Of the lines below, write out exactly those from the line with "2 * ev.risk_score ≤ n) events" through the line with "-- 100; it is", both included, and skip the rest.

————

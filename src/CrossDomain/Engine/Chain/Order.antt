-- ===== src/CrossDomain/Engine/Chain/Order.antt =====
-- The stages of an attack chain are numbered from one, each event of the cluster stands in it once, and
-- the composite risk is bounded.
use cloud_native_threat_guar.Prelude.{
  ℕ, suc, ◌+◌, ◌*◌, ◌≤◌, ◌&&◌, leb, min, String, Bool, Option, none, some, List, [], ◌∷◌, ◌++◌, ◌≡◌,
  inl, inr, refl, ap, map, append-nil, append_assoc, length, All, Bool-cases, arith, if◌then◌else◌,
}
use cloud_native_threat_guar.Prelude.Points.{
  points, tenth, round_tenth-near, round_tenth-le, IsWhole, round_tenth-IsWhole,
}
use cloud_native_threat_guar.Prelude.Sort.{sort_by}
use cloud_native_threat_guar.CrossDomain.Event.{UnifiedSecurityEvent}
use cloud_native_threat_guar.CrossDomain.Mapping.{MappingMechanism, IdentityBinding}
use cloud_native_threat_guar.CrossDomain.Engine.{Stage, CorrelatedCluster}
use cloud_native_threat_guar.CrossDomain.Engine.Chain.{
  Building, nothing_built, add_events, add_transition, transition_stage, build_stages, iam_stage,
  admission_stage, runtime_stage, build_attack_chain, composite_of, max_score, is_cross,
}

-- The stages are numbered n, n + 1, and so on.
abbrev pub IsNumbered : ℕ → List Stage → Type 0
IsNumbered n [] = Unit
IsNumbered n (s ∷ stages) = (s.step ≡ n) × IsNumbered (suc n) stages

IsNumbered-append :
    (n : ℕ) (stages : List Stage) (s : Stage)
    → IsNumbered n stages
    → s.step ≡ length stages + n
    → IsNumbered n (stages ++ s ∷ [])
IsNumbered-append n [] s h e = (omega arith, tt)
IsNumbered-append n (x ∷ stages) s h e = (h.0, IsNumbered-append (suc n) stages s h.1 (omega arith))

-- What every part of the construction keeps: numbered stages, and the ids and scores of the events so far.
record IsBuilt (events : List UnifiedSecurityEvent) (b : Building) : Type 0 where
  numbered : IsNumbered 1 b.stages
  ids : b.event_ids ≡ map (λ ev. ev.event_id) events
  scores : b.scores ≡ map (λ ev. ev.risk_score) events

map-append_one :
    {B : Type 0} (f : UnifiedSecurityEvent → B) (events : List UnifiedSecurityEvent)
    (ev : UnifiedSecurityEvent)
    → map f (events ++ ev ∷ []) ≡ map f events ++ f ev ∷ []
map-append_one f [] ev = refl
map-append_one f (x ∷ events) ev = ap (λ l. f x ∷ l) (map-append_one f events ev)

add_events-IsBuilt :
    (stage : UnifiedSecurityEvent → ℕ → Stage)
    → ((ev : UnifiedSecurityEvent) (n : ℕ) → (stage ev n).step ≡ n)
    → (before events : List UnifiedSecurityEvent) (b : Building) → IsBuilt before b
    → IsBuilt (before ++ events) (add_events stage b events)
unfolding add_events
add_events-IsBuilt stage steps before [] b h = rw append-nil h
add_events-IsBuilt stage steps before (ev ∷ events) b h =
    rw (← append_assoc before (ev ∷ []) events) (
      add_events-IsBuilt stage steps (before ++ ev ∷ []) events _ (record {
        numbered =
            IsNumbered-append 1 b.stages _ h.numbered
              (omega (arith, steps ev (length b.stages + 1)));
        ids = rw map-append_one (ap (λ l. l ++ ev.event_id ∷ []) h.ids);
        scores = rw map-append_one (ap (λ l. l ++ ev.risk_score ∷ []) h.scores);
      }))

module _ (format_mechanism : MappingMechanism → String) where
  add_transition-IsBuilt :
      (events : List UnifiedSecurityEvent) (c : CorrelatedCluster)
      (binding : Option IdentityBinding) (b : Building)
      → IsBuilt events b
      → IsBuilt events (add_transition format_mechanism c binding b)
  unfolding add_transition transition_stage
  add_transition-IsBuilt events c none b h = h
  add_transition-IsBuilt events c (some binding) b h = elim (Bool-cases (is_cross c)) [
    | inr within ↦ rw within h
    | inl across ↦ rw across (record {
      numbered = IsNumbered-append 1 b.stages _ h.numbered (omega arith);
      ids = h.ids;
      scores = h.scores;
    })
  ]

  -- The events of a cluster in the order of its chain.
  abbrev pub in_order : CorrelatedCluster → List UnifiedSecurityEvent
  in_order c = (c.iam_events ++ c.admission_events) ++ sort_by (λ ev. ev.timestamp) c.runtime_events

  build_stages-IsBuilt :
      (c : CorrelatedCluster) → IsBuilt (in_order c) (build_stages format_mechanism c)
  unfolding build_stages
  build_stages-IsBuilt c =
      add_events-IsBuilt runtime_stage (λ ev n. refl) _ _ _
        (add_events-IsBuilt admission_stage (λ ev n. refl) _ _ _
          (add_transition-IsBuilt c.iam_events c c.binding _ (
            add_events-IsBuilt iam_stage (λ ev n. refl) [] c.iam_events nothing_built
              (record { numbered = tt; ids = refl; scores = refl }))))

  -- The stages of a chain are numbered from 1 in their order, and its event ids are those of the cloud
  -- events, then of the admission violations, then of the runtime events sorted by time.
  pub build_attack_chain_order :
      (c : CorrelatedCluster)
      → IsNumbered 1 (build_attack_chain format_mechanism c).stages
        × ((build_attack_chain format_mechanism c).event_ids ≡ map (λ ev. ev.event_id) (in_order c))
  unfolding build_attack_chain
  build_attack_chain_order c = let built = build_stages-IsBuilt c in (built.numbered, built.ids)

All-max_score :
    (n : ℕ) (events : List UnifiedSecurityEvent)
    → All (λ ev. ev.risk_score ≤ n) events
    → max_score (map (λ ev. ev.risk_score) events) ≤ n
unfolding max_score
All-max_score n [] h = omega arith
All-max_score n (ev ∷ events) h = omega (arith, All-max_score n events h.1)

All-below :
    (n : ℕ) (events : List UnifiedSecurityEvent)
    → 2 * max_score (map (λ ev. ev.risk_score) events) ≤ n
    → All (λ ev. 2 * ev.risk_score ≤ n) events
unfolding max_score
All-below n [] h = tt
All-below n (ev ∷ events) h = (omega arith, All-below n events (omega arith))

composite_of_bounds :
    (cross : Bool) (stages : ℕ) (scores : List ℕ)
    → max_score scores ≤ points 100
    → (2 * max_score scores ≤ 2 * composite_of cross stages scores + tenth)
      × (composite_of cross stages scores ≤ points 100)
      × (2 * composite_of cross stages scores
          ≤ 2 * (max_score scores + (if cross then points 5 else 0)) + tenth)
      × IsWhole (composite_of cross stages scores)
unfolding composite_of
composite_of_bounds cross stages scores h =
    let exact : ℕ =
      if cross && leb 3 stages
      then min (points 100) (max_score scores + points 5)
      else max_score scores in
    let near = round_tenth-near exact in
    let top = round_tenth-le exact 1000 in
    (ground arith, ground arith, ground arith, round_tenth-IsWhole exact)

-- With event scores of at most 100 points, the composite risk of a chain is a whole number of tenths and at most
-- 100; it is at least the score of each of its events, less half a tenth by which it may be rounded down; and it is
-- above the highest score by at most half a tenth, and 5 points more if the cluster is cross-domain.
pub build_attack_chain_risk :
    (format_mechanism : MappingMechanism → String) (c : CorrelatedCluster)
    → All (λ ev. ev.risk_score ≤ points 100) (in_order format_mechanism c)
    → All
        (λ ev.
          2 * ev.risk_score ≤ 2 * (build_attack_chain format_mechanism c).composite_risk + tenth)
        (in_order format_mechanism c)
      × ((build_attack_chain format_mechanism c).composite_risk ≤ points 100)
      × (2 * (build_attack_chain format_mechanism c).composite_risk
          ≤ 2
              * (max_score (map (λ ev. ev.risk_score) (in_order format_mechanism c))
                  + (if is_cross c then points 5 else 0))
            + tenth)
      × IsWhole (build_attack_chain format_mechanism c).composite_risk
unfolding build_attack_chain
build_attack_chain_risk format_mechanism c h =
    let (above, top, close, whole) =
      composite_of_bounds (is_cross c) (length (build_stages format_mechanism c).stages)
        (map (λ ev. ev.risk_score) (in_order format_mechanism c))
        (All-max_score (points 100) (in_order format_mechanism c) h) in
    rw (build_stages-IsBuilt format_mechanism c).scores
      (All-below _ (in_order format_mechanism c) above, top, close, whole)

————

ANSWER TO THIS TASK ::
    → All (λ ev. 2 * ev.risk_score ≤ n) events
unfolding max_score
All-below n [] h = tt
All-below n (ev ∷ events) h = (omega arith, All-below n events (omega arith))

composite_of_bounds :
    (cross : Bool) (stages : ℕ) (scores : List ℕ)
    → max_score scores ≤ points 100
    → (2 * max_score scores ≤ 2 * composite_of cross stages scores + tenth)
      × (composite_of cross stages scores ≤ points 100)
      × (2 * composite_of cross stages scores
          ≤ 2 * (max_score scores + (if cross then points 5 else 0)) + tenth)
      × IsWhole (composite_of cross stages scores)
unfolding composite_of
composite_of_bounds cross stages scores h =
    let exact : ℕ =
      if cross && leb 3 stages
      then min (points 100) (max_score scores + points 5)
      else max_score scores in
    let near = round_tenth-near exact in
    let top = round_tenth-le exact 1000 in
    (ground arith, ground arith, ground arith, round_tenth-IsWhole exact)

-- With event scores of at most 100 points, the composite risk of a chain is a whole number of tenths and at most
-- 100; it is at least the score of each of its events, less half a tenth by which it may be rounded down; and it is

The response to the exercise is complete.